Problem details — Only the total should be returned: the number of lines in the data that hold the string "broken".

───── Extracted entries

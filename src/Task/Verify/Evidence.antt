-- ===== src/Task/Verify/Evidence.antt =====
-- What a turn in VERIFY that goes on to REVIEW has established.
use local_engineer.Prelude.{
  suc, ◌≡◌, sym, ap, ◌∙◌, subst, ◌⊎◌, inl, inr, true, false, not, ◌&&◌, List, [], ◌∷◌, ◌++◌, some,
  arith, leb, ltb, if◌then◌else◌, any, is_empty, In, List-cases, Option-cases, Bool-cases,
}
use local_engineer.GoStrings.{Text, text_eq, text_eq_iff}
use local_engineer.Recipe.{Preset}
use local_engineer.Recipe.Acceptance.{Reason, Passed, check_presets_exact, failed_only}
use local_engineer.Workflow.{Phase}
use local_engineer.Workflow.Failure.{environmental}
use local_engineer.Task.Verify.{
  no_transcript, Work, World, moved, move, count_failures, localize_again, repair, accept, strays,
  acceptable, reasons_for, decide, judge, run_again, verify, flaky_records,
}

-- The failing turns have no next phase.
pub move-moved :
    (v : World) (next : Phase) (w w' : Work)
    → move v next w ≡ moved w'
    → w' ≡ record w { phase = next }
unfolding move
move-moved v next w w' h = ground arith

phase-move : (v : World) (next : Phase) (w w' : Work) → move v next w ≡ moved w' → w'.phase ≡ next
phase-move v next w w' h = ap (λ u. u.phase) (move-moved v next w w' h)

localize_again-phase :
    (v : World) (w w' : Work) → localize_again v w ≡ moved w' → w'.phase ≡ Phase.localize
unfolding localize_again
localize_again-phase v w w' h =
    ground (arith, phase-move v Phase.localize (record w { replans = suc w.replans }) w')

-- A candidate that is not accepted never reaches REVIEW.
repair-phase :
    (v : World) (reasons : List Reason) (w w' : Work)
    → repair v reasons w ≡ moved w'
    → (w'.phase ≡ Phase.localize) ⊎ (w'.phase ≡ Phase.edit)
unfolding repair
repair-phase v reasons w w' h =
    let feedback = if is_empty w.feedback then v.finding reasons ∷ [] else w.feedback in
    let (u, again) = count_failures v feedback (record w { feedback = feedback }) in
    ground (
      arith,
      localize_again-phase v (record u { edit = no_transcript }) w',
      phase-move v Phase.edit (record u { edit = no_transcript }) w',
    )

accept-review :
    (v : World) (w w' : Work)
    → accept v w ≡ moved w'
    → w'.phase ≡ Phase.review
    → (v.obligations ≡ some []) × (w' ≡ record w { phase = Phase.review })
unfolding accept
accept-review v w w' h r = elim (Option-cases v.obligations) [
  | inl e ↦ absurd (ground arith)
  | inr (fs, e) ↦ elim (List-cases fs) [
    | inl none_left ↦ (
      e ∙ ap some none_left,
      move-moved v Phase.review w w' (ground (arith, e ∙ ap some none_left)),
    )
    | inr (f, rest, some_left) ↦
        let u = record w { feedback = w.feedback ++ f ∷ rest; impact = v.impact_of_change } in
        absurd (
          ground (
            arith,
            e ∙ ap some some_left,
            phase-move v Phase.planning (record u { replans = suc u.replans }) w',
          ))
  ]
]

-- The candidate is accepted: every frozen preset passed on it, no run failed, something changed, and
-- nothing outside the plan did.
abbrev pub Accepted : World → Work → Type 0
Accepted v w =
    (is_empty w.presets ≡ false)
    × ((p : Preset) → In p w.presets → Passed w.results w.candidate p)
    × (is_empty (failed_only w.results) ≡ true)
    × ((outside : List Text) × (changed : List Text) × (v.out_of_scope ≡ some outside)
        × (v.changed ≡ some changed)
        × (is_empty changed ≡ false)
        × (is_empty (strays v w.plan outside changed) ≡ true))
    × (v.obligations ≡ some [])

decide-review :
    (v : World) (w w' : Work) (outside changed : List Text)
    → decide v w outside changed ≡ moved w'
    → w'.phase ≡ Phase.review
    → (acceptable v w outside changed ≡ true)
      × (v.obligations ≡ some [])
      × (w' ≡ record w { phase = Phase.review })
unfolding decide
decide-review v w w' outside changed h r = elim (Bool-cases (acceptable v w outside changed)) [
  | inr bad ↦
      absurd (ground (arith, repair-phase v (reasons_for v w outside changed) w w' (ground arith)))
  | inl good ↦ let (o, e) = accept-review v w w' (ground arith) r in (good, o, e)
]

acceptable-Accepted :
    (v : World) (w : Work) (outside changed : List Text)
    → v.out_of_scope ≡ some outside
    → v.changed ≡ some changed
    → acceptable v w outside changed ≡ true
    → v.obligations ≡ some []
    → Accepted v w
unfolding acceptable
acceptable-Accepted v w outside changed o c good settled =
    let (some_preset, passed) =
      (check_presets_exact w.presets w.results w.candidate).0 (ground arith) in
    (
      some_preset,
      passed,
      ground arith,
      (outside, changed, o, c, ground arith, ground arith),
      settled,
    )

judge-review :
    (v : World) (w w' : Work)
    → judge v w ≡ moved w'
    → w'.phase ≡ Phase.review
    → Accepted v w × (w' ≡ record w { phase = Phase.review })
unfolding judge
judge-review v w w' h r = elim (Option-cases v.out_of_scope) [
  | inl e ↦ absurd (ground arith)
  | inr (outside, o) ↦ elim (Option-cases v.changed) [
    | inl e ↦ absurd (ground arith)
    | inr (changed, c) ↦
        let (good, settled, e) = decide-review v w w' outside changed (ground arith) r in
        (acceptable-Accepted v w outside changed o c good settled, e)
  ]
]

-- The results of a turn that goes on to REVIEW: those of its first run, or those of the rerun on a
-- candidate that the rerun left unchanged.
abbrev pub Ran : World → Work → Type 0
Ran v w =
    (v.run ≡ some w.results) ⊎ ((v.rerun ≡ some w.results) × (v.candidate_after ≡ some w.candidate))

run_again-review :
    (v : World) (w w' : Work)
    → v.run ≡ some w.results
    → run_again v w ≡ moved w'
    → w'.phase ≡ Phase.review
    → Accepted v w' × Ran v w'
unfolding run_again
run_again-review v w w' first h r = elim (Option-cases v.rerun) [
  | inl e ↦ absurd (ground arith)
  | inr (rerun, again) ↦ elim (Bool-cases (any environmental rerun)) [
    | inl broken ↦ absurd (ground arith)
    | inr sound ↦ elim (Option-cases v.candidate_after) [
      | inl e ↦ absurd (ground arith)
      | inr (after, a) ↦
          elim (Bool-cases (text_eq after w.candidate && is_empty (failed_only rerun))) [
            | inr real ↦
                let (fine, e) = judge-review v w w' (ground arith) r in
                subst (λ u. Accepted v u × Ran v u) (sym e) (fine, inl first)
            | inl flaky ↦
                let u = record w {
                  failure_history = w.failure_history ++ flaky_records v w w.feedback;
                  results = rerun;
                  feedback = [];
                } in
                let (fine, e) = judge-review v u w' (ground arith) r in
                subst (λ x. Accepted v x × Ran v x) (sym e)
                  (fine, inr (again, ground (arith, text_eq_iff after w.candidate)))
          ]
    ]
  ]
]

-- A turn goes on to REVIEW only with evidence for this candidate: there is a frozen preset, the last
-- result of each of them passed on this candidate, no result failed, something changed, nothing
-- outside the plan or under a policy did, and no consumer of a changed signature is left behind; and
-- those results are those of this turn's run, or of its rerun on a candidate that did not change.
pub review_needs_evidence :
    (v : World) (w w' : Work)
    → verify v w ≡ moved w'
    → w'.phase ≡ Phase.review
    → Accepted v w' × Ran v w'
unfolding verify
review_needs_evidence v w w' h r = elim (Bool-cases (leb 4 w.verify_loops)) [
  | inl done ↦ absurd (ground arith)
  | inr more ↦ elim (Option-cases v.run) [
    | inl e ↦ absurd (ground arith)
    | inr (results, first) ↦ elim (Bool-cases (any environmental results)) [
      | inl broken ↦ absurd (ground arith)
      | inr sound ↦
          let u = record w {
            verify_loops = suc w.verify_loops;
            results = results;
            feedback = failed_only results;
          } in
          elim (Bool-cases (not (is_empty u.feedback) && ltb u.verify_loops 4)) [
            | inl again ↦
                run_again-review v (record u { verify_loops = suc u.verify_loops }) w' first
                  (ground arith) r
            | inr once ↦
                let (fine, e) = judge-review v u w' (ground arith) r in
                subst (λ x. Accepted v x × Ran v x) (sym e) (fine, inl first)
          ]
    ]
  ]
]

──────────

Answer box — 2